**Problem requirements**
Select all lines in the records that include "same".

Items from a data source

Start of Block

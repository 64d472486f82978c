-- ===== src/Validate.antt =====
-- The validators of crates/opticcode-policy/src/engine.rs, and `bounded`.
pub mod Bounds
use optic_code.FilePath.{FilePath, is_absolute, is_normal, to_text}
use optic_code.Model.{PolicyRequest, max_policy_identifier_bytes}
use optic_code.Paths.{Checked, PathSafetyError}
use optic_code.Prelude.{
  Bool, List, Option, Result, String, [], all, any, err, fail_if, false, if◌then◌else◌, is_empty,
  leb, length, ltb, min, nat_eq, none, not, ok, some, suc, take, zero, ℕ, ◌!=◌, ◌&&◌, ◌++◌, ◌-◌,
  ◌==◌, ◌>>=◌, ◌>>◌, ◌||◌, ◌∷◌,
}
use optic_code.Text.{
  Text, bytes, forward_slashes, is_ascii_alphanumeric, is_ascii_hexdigit, is_control, text_lt,
}

pub data PolicyError : Type 0 where
  invalid_request storage_failure : Text → PolicyError

abbrev fault : String → String → PathSafetyError
fault rule message = record { rule_id = rule; message = bytes message }

abbrev labelled : String → String → String → PathSafetyError
labelled rule label message = record { rule_id = rule; message = bytes label ++ bytes message }

unfoldable pub validate_hash_value : Text → String → Checked Unit
validate_hash_value value label =
    fail_if (length value != 64 || not (all is_ascii_hexdigit value))
      (labelled "action.hash_invalid" label " is not a 64-character hexadecimal digest")

unfoldable pub validate_git_oid : Text → String → Checked Unit
validate_git_oid value label =
    fail_if (not (length value == 40 || length value == 64) || not (all is_ascii_hexdigit value))
      (labelled "git.oid_invalid" label " is not a full hexadecimal Git object ID")

unfoldable pub require_working_tree_digest : PolicyRequest → Checked Unit
unfolding validate_hash_value
require_working_tree_digest request = elim request.workspace.working_tree_digest [
  | none ↦ err (
      fault "git.working_tree_unobserved"
        "working-tree digest is required for this mutating action")
  | some digest ↦ validate_hash_value digest "working-tree digest"
]

unfoldable pub validate_identifier_value : Text → String → Checked Unit
validate_identifier_value value label =
    fail_if
      (is_empty value || ltb max_policy_identifier_bytes (length value) || any is_control value)
      (labelled "action.identifier_invalid" label
        " is empty, too long, or contains control characters")

abbrev pub is_id_byte : ℕ → Bool
is_id_byte c = is_ascii_alphanumeric c || (c == b'-' || c == b'_')

unfoldable pub validate_worktree_run_id : Text → Checked Unit
validate_worktree_run_id value =
    fail_if (not (leb 1 (length value) && leb (length value) 96) || not (all is_id_byte value)) (
      fault "worktree.run_id" "worktree run ID must contain only ASCII letters, digits, '-' or '_'")

unfoldable pub validate_request_identifier : Text → ℕ → String → Result PolicyError Unit
validate_request_identifier value max label =
    fail_if
      (is_empty value
        || ltb max (length value)
        || not (all (λ c. is_id_byte c || c == b'.' || c == b':') value))
      (invalid_request
        (bytes label ++ bytes " contains unsupported characters or exceeds its bound"))

-- The texts that `validate_sorted_paths` compares.
unfoldable pub normalized_paths : List FilePath → Checked (List Text)
normalized_paths [] = ok []
normalized_paths (p ∷ ps) = do
  fail_if (is_absolute p || any (λ c. not (is_normal c)) p)
      (fault "path.invalid_relative" "file lists must contain normal relative paths")
  rest ← normalized_paths ps
  ok (forward_slashes (to_text p) ∷ rest)

-- `windows(2).any(|pair| pair[0] >= pair[1])`
unfoldable pub out_of_order : List Text → Bool
out_of_order [] = false
out_of_order (x ∷ []) = false
out_of_order (x ∷ y ∷ rest) = not (text_lt x y) || out_of_order (y ∷ rest)

unfoldable pub validate_sorted_paths : List FilePath → Checked Unit
validate_sorted_paths paths = do
  normalized ← normalized_paths paths
  fail_if (out_of_order normalized)
      (fault "action.path_order" "file lists must be unique and sorted deterministically")

abbrev pub byte_at : Text → ℕ → Option ℕ
byte_at [] i = none
byte_at (c ∷ s) zero = some c
byte_at (c ∷ s) (suc i) = byte_at s i

-- `str::is_char_boundary`: not inside a multi-byte character of UTF-8
unfoldable pub is_char_boundary : Text → ℕ → Bool
is_char_boundary s i =
    i == 0 || elim (byte_at s i) [ none ↦ i == length s | some c ↦ ltb c 128 || leb 192 c ]

-- the `while` loop of `bounded`
unfoldable pub floor_boundary : Text → ℕ → ℕ
floor_boundary s zero = 0
floor_boundary s (suc end) = if is_char_boundary s (suc end) then suc end else floor_boundary s end

unfoldable pub bounded : Text → ℕ → Text
unfolding floor_boundary
bounded value max =
    if leb (length value) max
    then value
    else take (floor_boundary value (min (max - 16) (length value))) value ++ bytes "...[truncated]"

unfoldable pub invalid_path_request : PathSafetyError → PolicyError
invalid_path_request e = invalid_request (bytes e.rule_id ++ bytes ": " ++ e.message)
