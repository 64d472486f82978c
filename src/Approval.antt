-- ===== src/Approval.antt =====
-- `ApprovalStore` of crates/opticcode-policy/src/approval.rs: one-shot grants as files. A directory
-- maps the names of its files to their contents; what the system calls answer is an argument, so that
-- every failure can be chosen.
pub mod Binding
pub mod RoundTrip
pub mod OneShot
pub mod Drift
use optic_code.Approval.Binding.{
  ApprovalBinding, ApprovalError, ApprovalFileBinding, compare_binding, expired, invalid_record,
  missing, normalized, reused, validate_bounded_identifier,
}
use optic_code.Prelude.{
  Bool, List, Option, Result, [], all, err, fail_if, if◌then◌else◌, is_empty, is_ok, is_some,
  length, ltb, map_err, map_ok, min, nat_eq, none, not, ok, saturating_add, some, usize_max, ℕ,
  ◌!=◌, ◌*◌, ◌++◌, ◌==◌, ◌>>=◌, ◌>>◌, ◌||◌,
}
use optic_code.Text.{Text, bytes, text_eq}
use optic_code.Validate.{is_id_byte}

abbrev pub max_approval_ttl_seconds : ℕ
max_approval_ttl_seconds = 30 * 60

abbrev max_approval_record_bytes : ℕ
max_approval_record_bytes = 256 * 1024

abbrev pub approval_schema_version : ℕ
approval_schema_version = 1

pub record NativeConfirmation : Type 0 where
  pub client : Text
  pub confirmation_id : Text

-- `NativeConfirmation::explicit`
unfoldable pub explicit_confirmation : Text → Text → Result Text NativeConfirmation
explicit_confirmation client confirmation_id = do
  validate_bounded_identifier client 96
  validate_bounded_identifier confirmation_id 160
  ok (record { client = client; confirmation_id = confirmation_id })

pub data ApprovalState : Type 0 where
  available consumed : ApprovalState

pub record ApprovalGrant : Type 0 where
  pub schema_version : ℕ
  pub approval_id : Text
  pub issued_unix_ms : ℕ
  pub expires_unix_ms : ℕ
  pub binding_hash : Text
  pub state : ApprovalState

pub record ApprovalRecord : Type 0 where
  pub schema_version : ℕ
  pub issued_unix_ms : ℕ
  pub expires_unix_ms : ℕ
  pub confirmation_hash : Text
  pub binding_hash : Text
  pub binding : ApprovalBinding

abbrev pub Dir : Type 0
Dir = Text → Option Text

unfoldable pub write_file_at : Dir → Text → Option Text → Dir
write_file_at dir name content other = if other == name then content else dir other

pub record ApprovalStore : Type 0 where
  pub active_dir : Dir
  pub used_dir : Dir

-- `serde_json` and `blake3`, as far as the store calls them.
pub record Codec : Type 0 where
  pub hash : Text → Text
  pub binding_json : ApprovalBinding → Result Text Text
  pub files_json : List ApprovalFileBinding → Result Text Text
  pub record_json : ApprovalRecord → Result Text Text
  pub parse_record : Text → Result Text ApprovalRecord

-- The answers of the system calls of one `consume_at`. Where another process was first, its file is
-- there and ours is gone.
pub data ClaimAnswer : Type 0 where
  claim_created claim_exists claim_failed : ClaimAnswer

pub data TakeAnswer : Type 0 where
  taken gone take_failed : TakeAnswer

pub record ConsumeCalls : Type 0 where
  pub claim : ClaimAnswer
  pub synced : Bool
  pub take : TakeAnswer
  pub readable : Bool
  pub published : Bool

unfoldable pub validate_storage_id : Text → Result Text Unit
validate_storage_id value =
    fail_if (is_empty value || ltb 160 (length value) || not (all is_id_byte value))
      (bytes "invalid policy state identifier")

abbrev pub json_name : Text → Text
json_name id = id ++ bytes ".json"

abbrev pub consuming_name : Text → Text
consuming_name id = id ++ bytes "-consuming.json"

abbrev pub claim_name : Text → Text
claim_name id = id ++ bytes ".claim"

-- `saturating_mul` on 64 bits
abbrev saturating_mul : ℕ → ℕ → ℕ
saturating_mul a b = min (a * b) usize_max

abbrev pub grant_of : Text → ApprovalRecord → ApprovalState → ApprovalGrant
grant_of id r state = record {
  schema_version = approval_schema_version;
  approval_id = id;
  issued_unix_ms = r.issued_unix_ms;
  expires_unix_ms = r.expires_unix_ms;
  binding_hash = r.binding_hash;
  state = state;
}

abbrev pub claimed : ApprovalStore → Text → ApprovalStore
claimed store id = record store {
  used_dir = write_file_at store.used_dir (claim_name id) (some []);
}

abbrev pub was_used : ApprovalStore → Text → Bool
was_used store id =
    is_some (store.used_dir (claim_name id))
    || is_some (store.used_dir (json_name id))
    || is_some (store.used_dir (consuming_name id))

module _ (codec : Codec) where
  unfoldable pub hash_json : ApprovalBinding → Result Text Text
  hash_json b = map_ok codec.hash (codec.binding_json b)

  unfoldable pub read_record : Bool → Text → Result ApprovalError ApprovalRecord
  read_record readable content =
      if ltb max_approval_record_bytes (length content) || not readable
      then err invalid_record
      else map_err (λ _. invalid_record) (codec.parse_record content)

  -- the record that `issue_at` writes
  unfoldable pub new_record : ApprovalBinding → Text → NativeConfirmation → ℕ → ℕ → ApprovalRecord
  new_record binding binding_hash confirmation ttl_seconds now_ms = record {
    schema_version = approval_schema_version;
    issued_unix_ms = now_ms;
    expires_unix_ms = saturating_add now_ms (saturating_mul ttl_seconds 1000);
    confirmation_hash =
        codec.hash (confirmation.client ++ bytes ":" ++ confirmation.confirmation_id);
    binding_hash = binding_hash;
    binding = binding;
  }

  -- `id` is what `new_storage_id` returned, behind its prefix; `created` is whether the record could
  -- be written and renamed into place.
  unfoldable pub issue_checked :
      Text → ApprovalBinding → NativeConfirmation → ℕ → ℕ → Result Text (ApprovalRecord × Text)
  issue_checked id binding confirmation ttl_seconds now_ms = do
    fail_if (ttl_seconds == 0 || ltb max_approval_ttl_seconds ttl_seconds)
        (bytes "approval TTL must be between 1 and 1800 seconds")
    binding ← normalized binding
    binding_hash ← hash_json binding
    validate_storage_id id
    let written = new_record binding binding_hash confirmation ttl_seconds now_ms
    json ← codec.record_json written
    let content = json ++ bytes "\n"
    fail_if (ltb max_approval_record_bytes (length content))
        (bytes "approval record exceeds its bounded size")
    ok (written, content)

  unfoldable pub issue_at :
      ApprovalStore
      → Text
      → Bool
      → ApprovalBinding
      → NativeConfirmation
      → ℕ
      → ℕ
      → Result Text ApprovalGrant × ApprovalStore
  issue_at store id created binding confirmation ttl_seconds now_ms =
      elim (issue_checked id binding confirmation ttl_seconds now_ms) [
        | err e ↦ (err e, store)
        | ok written ↦
            if created
            then (
              ok (grant_of id written.0 available),
              record store {
                active_dir = write_file_at store.active_dir (json_name id) (some written.1);
              },
            )
            else (err (bytes "failed to publish state record"), store)
      ]

  -- the closure behind `read_record`
  unfoldable pub check_record :
      Text → ApprovalBinding → ℕ → ApprovalRecord → Result ApprovalError ApprovalGrant
  check_record id observed now_ms r = do
    current ← map_err (λ _. invalid_record) (normalized observed)
    binding_hash ← map_err (λ _. invalid_record) (hash_json r.binding)
    fail_if
        (r.schema_version != approval_schema_version
          || r.binding_hash != binding_hash
          || ltb r.expires_unix_ms r.issued_unix_ms
          || length r.confirmation_hash != 64)
        invalid_record
    fail_if (ltb r.expires_unix_ms now_ms) expired
    compare_binding r.binding current
    ok (grant_of id r consumed)

  -- behind the second rename: a failed comparison consumes the grant too
  unfoldable pub settle :
      ConsumeCalls
      → Text
      → ApprovalBinding
      → ℕ
      → ApprovalStore
      → Text
      → Result ApprovalError ApprovalGrant × ApprovalStore
  settle calls id observed now_ms store content =
      let outcome = read_record calls.readable content >>= check_record id observed now_ms in
      if calls.published
      then (
        outcome,
        record store {
          used_dir =
              write_file_at (write_file_at store.used_dir (consuming_name id) none) (json_name id)
                (some content);
        },
      )
      else (err invalid_record, store)

  -- behind the claim
  unfoldable pub take_record :
      ConsumeCalls
      → Text
      → ApprovalBinding
      → ℕ
      → ApprovalStore
      → Text
      → Result ApprovalError ApprovalGrant × ApprovalStore
  take_record calls id observed now_ms store content = elim calls.take [
    | gone ↦ (
      err reused,
      record store { active_dir = write_file_at store.active_dir (json_name id) none },
    )
    | take_failed ↦ (err invalid_record, store)
    | taken ↦
        settle calls id observed now_ms
          (record {
            active_dir = write_file_at store.active_dir (json_name id) none;
            used_dir = write_file_at store.used_dir (consuming_name id) (some content);
          })
          content
  ]

  -- behind the tests for the files
  unfoldable pub claim_record :
      ConsumeCalls
      → Text
      → ApprovalBinding
      → ℕ
      → ApprovalStore
      → Text
      → Result ApprovalError ApprovalGrant × ApprovalStore
  claim_record calls id observed now_ms store content = elim calls.claim [
    | claim_exists ↦ (err reused, claimed store id)
    | claim_failed ↦ (err invalid_record, store)
    | claim_created ↦
        if calls.synced
        then take_record calls id observed now_ms (claimed store id) content
        else (err invalid_record, claimed store id)
  ]

  unfoldable pub consume_at :
      ConsumeCalls
      → ApprovalStore
      → Text
      → ApprovalBinding
      → ℕ
      → Result ApprovalError ApprovalGrant × ApprovalStore
  consume_at calls store id observed now_ms =
      if not (is_ok (validate_storage_id id))
      then (err invalid_record, store)
      else if was_used store id
      then (err reused, store)
      else elim (store.active_dir (json_name id)) [
        | none ↦ (err missing, store)
        | some content ↦ claim_record calls id observed now_ms store content
      ]
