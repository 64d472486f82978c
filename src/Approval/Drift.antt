-- ===== src/Approval/Drift.antt =====
-- What a grant of crates/opticcode-policy/src/approval.rs is good for: the state that it was issued
-- for and no other, within its lifetime.
use optic_code.Approval.{
  ApprovalGrant, ApprovalRecord, ApprovalStore, Codec, ConsumeCalls, check_record, claim_record,
  consume_at, consumed, json_name, read_record, settle, take_record, was_used,
}
use optic_code.Approval.Binding.{ApprovalBinding, compare_binding, normalized}
use optic_code.Prelude.{
  >>=-eq-ok, Bool, Option-cases, arith, false, inl, inr, ok, some, ℕ, ◌>>=◌, ◌↔◌, ◌≡◌, ◌≤◌,
}
use optic_code.Text.{Text}

-- The comparison accepts exactly the binding that was approved: no field of it is left out.
pub compare_binding_iff : (a b : ApprovalBinding) → (compare_binding a b ≡ ok tt) ↔ (a ≡ b)
unfolding compare_binding
compare_binding_iff a b = (λ h. ground arith, λ e. ground arith)

normalized-same : (b : ApprovalBinding) {c : ApprovalBinding} → normalized b ≡ ok c → c ≡ b
unfolding normalized
normalized-same b h = ground arith

module _ (codec : Codec) where
  check_record-binding :
      (id : Text) (observed : ApprovalBinding) (now : ℕ) (r : ApprovalRecord) {g : ApprovalGrant}
      → check_record codec id observed now r ≡ ok g
      → compare_binding r.binding observed ≡ ok tt
  unfolding check_record normalized
  check_record-binding id observed now r h = ground arith

  check_record-fresh :
      (id : Text) (observed : ApprovalBinding) (now : ℕ) (r : ApprovalRecord) {g : ApprovalGrant}
      → check_record codec id observed now r ≡ ok g
      → (now ≤ r.expires_unix_ms)
        × (g.state ≡ consumed)
        × (g.approval_id ≡ id)
        × (g.expires_unix_ms ≡ r.expires_unix_ms)
  unfolding check_record
  check_record-fresh id observed now r h = ground arith

  -- What stands behind a grant that was consumed.
  abbrev pub Backed :
      ApprovalStore → Text → ApprovalBinding → ℕ → ApprovalGrant → Text → ApprovalRecord → Type 0
  Backed store id observed now g content r =
      (store.active_dir (json_name id) ≡ some content)
      × (codec.parse_record content ≡ ok r)
      × (r.binding ≡ observed)
      × (now ≤ r.expires_unix_ms)
      × (g.expires_unix_ms ≡ r.expires_unix_ms)
      × (g.approval_id ≡ id)
      × (g.state ≡ consumed)
      × (was_used store id ≡ false)

  settled-check :
      (calls : ConsumeCalls) (id : Text) (observed : ApprovalBinding) (now : ℕ)
      (store : ApprovalStore) (content : Text) {g : ApprovalGrant}
      → (claim_record codec calls id observed now store content).0 ≡ ok g
      → (read_record codec calls.readable content >>= check_record codec id observed now) ≡ ok g
  unfolding claim_record take_record settle
  settled-check calls id observed now store content h = ground arith

  read_record-parse :
      (readable : Bool) (content : Text) {r : ApprovalRecord}
      → read_record codec readable content ≡ ok r
      → codec.parse_record content ≡ ok r
  unfolding read_record
  read_record-parse readable content h = ground arith

  -- A grant is only ever consumed for the binding that its record holds: the record was among the
  -- active ones and not used before, it has not expired, and the observed state is the approved one,
  -- whatever the system calls answer.
  pub consume_at-Backed :
      (calls : ConsumeCalls) (store : ApprovalStore) (id : Text) (observed : ApprovalBinding)
      (now : ℕ) {g : ApprovalGrant}
      → (consume_at codec calls store id observed now).0 ≡ ok g
      → (content : Text) × (r : ApprovalRecord) × Backed store id observed now g content r
  unfolding consume_at
  consume_at-Backed calls store id observed now {g} h =
      elim (Option-cases (store.active_dir (json_name id))) [
        | inr e ↦ ground arith
        | inl (content, e) ↦
            let claimed_ok : (claim_record codec calls id observed now store content).0 ≡ ok g =
              ground arith in
            let unused : was_used store id ≡ false = ground arith in
            let (r, read, checked) =
              >>=-eq-ok (read_record codec calls.readable content)
                (check_record codec id observed now)
                (settled-check calls id observed now store content claimed_ok) in
            let fresh = check_record-fresh id observed now r checked in
            (
              content,
              r,
              (
                e,
                read_record-parse calls.readable content read,
                (compare_binding_iff r.binding observed).0
                    (check_record-binding id observed now r checked),
                fresh.0,
                fresh.3,
                fresh.2,
                fresh.1,
                unused,
              ),
            )
      ]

End of Block

**Task result**
normalized-same : (b : ApprovalBinding) {c : ApprovalBinding} → normalized b ≡ ok c → c ≡ b
normalized-same b h = ground arith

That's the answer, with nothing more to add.